WORK ITEM
Show all lines of the listing that hold the word "rows".

RECORDS FOR THE TASK
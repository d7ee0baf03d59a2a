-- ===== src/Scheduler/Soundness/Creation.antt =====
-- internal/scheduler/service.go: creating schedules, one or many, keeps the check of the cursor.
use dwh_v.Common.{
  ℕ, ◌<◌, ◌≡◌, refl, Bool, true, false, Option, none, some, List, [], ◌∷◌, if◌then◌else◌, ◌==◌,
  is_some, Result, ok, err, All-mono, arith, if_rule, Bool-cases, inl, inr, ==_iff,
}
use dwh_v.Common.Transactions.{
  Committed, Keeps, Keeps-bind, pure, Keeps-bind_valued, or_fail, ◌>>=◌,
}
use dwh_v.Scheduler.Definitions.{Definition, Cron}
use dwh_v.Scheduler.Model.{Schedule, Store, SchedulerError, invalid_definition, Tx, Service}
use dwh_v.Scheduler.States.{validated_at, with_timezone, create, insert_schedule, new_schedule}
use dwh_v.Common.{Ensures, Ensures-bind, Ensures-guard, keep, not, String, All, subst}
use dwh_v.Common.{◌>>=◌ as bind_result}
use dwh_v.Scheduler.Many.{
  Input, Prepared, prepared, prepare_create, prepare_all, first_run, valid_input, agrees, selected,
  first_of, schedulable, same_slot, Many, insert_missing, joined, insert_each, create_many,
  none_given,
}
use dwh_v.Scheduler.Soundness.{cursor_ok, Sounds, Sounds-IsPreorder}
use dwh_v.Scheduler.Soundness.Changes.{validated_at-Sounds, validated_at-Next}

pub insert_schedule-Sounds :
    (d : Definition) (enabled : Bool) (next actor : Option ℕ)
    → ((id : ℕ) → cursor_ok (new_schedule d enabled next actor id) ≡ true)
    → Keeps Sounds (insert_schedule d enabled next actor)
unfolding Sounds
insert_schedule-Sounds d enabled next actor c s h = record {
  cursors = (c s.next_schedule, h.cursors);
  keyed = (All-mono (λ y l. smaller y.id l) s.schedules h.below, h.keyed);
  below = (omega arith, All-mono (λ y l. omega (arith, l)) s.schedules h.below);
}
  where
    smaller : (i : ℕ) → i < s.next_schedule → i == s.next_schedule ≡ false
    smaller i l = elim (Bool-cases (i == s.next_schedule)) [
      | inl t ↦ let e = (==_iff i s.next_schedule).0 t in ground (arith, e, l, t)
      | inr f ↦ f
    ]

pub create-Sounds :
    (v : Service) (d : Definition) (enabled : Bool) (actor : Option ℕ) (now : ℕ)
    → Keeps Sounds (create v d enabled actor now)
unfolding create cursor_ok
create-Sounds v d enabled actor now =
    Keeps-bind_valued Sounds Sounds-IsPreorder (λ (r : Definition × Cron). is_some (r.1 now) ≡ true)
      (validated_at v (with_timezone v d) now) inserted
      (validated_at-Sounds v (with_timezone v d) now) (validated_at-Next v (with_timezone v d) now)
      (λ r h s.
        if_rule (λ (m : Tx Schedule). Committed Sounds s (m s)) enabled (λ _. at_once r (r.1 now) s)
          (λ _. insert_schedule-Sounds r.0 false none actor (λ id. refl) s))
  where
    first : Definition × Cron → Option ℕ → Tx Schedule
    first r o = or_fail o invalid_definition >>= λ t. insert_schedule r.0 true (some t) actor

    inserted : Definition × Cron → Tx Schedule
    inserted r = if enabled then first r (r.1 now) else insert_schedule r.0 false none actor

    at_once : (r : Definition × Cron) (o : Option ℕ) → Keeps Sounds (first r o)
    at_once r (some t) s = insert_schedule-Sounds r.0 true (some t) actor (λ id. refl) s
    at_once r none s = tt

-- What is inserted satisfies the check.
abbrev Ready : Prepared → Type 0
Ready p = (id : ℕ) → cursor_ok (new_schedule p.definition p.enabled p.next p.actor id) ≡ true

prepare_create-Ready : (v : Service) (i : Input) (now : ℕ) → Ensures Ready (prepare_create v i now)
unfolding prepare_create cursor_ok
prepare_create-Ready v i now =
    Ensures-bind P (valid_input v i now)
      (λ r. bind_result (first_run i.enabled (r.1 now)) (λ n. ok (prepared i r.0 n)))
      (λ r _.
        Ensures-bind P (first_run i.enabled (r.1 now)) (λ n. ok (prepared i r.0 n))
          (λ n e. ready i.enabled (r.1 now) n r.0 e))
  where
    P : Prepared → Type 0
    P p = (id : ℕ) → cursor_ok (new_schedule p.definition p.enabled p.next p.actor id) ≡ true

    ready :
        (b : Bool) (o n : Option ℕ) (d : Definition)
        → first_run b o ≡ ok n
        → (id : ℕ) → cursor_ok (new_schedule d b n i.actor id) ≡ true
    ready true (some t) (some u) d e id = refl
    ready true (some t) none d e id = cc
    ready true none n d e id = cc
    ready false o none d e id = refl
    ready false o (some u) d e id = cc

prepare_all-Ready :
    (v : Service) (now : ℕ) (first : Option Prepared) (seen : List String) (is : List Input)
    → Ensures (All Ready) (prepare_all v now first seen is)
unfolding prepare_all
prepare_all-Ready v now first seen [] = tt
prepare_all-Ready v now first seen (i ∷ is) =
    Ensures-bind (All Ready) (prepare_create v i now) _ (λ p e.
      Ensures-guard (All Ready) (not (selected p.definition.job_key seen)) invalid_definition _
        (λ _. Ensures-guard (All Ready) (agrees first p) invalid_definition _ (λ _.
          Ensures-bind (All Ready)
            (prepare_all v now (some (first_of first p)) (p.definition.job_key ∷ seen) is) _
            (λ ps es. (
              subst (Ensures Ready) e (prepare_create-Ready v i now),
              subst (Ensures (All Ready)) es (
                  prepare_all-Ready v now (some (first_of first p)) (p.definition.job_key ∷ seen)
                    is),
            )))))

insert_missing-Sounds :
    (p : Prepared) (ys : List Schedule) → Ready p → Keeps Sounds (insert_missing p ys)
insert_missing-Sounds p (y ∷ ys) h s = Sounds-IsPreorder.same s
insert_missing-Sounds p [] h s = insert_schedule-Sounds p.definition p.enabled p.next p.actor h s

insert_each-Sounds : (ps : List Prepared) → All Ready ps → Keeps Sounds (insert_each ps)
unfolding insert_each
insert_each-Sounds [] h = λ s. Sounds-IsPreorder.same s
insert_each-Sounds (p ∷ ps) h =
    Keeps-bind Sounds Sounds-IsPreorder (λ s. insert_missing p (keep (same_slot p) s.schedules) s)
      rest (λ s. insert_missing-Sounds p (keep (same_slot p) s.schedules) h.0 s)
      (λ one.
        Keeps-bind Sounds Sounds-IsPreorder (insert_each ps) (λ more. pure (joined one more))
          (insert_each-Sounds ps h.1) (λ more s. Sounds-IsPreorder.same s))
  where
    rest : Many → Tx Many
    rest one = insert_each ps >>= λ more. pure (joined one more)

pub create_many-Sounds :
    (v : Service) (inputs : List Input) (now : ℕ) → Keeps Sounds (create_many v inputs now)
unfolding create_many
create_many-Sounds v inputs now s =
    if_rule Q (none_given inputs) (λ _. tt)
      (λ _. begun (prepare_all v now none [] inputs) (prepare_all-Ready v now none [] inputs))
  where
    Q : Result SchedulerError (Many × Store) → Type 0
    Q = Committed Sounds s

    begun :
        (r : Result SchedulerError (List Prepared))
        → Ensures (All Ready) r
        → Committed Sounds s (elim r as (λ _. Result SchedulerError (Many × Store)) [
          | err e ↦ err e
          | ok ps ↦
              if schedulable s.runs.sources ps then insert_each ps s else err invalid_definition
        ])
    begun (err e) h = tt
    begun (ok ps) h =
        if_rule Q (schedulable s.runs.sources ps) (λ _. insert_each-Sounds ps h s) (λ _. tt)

...

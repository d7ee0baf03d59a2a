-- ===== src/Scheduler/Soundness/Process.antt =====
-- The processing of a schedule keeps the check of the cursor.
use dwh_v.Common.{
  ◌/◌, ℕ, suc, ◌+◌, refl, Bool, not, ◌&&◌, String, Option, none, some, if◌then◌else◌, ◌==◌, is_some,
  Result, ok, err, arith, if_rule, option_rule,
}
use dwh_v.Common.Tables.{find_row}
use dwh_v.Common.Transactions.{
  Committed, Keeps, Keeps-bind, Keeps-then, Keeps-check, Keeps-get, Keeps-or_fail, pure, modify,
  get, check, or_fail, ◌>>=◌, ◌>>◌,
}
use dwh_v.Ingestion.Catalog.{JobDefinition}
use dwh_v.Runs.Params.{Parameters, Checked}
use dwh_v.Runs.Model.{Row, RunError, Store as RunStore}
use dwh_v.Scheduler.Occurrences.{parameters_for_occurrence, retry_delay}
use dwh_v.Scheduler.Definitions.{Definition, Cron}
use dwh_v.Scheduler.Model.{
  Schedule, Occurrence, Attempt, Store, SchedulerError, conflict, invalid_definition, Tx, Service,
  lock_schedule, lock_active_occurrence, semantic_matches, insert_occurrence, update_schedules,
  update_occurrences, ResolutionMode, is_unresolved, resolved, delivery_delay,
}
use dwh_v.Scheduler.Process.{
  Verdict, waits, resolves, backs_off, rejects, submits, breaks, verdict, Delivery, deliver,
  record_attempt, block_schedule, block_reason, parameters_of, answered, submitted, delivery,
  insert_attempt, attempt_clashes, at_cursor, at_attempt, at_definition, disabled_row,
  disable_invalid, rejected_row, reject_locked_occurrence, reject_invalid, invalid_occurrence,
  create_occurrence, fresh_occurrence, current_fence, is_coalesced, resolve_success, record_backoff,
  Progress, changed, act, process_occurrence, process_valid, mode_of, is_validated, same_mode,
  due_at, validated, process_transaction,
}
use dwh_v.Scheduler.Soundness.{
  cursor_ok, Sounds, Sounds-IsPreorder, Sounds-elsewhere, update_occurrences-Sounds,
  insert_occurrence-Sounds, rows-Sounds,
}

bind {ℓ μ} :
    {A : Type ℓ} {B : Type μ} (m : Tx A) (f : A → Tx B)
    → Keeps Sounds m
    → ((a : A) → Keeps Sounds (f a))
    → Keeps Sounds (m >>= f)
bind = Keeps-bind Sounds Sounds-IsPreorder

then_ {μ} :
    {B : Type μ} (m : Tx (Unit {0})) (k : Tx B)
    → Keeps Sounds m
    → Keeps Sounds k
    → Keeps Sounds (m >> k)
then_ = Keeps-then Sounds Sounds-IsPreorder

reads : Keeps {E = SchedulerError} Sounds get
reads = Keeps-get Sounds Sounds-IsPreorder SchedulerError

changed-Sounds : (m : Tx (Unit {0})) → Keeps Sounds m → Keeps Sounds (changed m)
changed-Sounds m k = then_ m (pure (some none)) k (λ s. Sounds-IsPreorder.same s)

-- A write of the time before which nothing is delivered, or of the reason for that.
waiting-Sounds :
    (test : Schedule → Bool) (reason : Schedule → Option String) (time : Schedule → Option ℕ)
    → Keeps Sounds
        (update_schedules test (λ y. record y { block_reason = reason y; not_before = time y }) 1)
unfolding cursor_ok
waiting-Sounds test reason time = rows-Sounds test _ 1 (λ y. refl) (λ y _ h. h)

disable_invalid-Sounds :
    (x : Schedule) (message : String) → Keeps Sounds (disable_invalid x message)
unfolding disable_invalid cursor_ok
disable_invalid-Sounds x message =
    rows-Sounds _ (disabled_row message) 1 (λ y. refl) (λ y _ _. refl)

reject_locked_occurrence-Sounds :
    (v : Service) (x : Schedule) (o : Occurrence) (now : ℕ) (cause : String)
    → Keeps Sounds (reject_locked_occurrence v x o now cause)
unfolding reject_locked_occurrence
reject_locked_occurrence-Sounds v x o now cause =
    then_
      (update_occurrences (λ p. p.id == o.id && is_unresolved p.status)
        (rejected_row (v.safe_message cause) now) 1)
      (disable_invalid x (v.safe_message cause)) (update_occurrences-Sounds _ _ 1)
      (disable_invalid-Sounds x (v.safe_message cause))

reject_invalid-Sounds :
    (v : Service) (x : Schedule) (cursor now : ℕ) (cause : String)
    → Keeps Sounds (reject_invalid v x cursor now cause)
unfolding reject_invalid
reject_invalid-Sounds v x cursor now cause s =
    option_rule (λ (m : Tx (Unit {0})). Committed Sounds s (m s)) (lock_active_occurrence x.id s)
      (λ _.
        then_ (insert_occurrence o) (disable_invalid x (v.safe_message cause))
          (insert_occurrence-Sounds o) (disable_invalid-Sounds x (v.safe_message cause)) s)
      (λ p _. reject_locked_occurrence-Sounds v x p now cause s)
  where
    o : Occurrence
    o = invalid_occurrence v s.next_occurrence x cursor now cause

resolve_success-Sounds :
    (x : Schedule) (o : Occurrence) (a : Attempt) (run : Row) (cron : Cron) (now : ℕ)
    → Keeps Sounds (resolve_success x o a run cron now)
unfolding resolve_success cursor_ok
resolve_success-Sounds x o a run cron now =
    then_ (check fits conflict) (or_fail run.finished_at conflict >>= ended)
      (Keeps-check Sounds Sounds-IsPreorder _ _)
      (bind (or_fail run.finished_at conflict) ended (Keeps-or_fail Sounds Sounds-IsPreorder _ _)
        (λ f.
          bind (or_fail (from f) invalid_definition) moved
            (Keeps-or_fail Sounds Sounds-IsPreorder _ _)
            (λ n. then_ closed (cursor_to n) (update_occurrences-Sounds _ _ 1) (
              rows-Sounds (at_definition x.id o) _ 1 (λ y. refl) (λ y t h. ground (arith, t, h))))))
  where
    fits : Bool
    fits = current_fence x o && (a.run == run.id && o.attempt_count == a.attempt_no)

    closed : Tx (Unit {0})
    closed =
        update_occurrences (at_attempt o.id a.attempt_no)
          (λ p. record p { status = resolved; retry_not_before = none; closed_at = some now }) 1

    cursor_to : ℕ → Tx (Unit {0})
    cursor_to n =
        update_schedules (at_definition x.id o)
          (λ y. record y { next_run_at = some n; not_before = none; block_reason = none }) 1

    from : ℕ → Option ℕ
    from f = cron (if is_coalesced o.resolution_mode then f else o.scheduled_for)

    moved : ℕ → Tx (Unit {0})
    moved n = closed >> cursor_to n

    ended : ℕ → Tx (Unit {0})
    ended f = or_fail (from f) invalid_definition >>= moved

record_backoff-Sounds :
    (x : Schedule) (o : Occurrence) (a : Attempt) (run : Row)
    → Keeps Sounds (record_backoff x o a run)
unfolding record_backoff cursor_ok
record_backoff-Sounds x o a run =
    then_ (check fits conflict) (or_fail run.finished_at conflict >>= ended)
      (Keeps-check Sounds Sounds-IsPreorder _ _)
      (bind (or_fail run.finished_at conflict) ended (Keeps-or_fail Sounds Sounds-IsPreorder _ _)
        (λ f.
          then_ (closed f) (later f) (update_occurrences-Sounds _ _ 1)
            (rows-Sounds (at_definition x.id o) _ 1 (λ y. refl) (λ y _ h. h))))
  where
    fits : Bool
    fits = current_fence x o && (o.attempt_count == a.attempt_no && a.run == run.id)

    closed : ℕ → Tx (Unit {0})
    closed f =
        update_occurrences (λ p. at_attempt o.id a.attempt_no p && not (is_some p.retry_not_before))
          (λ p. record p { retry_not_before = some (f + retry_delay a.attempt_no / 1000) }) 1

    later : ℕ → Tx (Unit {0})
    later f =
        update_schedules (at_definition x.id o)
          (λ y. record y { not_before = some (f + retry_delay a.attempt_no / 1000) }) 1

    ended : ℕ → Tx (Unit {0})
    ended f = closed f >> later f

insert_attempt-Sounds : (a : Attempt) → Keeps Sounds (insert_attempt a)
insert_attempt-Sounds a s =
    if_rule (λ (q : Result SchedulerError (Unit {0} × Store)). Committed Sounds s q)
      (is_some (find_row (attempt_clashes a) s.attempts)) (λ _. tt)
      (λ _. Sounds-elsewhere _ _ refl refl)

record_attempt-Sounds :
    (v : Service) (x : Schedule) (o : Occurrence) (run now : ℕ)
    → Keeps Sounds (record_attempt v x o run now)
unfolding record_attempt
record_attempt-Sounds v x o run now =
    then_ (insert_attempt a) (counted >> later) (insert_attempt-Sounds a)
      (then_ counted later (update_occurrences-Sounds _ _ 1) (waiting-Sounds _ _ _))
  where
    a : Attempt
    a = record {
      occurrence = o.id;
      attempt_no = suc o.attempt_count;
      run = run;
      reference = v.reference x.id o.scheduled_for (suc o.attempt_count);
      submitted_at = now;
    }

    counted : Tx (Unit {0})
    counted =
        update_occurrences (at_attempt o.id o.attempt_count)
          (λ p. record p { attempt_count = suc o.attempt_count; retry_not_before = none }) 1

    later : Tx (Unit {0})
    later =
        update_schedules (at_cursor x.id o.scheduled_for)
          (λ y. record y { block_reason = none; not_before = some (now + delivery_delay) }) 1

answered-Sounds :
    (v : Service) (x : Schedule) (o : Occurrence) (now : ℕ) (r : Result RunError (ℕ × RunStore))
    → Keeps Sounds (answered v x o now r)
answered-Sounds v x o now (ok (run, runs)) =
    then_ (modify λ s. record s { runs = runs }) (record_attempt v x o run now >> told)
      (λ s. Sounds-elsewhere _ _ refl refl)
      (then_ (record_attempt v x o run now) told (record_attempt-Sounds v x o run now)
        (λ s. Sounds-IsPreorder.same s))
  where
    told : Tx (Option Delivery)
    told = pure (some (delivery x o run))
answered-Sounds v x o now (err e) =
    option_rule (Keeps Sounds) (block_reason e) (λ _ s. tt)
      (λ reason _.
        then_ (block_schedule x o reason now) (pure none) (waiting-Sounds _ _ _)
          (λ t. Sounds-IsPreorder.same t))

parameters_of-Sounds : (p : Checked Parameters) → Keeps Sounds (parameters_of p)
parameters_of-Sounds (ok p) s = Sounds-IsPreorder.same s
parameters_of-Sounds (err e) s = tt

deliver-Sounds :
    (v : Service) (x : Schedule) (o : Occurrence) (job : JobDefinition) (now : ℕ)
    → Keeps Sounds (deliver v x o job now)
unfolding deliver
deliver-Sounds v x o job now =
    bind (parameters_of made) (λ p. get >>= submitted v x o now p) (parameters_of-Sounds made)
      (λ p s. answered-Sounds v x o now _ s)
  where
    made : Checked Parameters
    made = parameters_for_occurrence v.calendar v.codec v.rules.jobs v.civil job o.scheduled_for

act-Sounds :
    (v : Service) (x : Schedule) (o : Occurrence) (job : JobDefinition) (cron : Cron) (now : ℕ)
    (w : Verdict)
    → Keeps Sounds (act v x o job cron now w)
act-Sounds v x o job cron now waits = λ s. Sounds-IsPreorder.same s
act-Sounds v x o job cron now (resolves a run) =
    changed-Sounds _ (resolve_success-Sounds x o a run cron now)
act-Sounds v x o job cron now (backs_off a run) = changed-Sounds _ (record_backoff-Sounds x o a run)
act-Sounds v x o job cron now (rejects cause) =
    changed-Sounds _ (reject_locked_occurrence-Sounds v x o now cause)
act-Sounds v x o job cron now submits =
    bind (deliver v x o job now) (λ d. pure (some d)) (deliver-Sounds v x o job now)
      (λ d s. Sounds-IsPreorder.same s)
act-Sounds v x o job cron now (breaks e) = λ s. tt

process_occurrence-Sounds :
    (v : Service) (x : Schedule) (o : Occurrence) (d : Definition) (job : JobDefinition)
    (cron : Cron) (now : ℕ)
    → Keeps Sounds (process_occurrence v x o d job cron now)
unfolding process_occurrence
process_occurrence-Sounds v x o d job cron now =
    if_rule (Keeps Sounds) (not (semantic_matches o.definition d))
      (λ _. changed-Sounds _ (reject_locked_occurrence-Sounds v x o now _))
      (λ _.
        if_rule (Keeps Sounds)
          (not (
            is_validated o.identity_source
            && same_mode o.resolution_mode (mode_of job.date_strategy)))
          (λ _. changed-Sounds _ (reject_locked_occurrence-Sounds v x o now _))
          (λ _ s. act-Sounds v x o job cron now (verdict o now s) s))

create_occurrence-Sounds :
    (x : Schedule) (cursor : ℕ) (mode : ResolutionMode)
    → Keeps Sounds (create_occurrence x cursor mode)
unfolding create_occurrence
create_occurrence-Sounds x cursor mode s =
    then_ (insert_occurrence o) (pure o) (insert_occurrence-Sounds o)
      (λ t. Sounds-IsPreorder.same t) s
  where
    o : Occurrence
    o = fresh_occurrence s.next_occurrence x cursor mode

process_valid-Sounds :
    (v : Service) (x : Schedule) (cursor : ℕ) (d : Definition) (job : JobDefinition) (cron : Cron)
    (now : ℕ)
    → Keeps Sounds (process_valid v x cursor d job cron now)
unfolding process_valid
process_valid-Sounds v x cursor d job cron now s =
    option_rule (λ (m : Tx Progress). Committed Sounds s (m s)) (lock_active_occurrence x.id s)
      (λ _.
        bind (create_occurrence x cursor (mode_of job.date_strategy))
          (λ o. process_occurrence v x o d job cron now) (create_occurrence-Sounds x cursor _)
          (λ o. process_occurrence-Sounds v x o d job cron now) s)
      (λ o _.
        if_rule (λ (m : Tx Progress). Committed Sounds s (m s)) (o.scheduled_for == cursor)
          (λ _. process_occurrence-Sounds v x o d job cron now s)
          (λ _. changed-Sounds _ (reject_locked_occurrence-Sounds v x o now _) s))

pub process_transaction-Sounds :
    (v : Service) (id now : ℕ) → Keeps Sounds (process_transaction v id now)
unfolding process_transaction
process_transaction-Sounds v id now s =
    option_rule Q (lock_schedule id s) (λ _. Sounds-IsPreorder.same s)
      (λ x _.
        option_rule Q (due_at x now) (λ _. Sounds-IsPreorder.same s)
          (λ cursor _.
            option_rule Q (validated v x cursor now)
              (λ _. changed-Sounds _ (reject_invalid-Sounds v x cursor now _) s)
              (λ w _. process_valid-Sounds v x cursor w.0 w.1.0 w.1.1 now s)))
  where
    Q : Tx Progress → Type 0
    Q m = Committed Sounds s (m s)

EXERCISE ANSWER
  insert_occurrence-Sounds, rows-Sounds,
waiting-Sounds test reason time = rows-Sounds test _ 1 (λ y. refl) (λ y _ h. h)
    rows-Sounds _ (disabled_row message) 1 (λ y. refl) (λ y _ _. refl)
              rows-Sounds (at_definition x.id o) _ 1 (λ y. refl) (λ y t h. ground (arith, t, h))))))
            (rows-Sounds (at_definition x.id o) _ 1 (λ y. refl) (λ y _ h. h))))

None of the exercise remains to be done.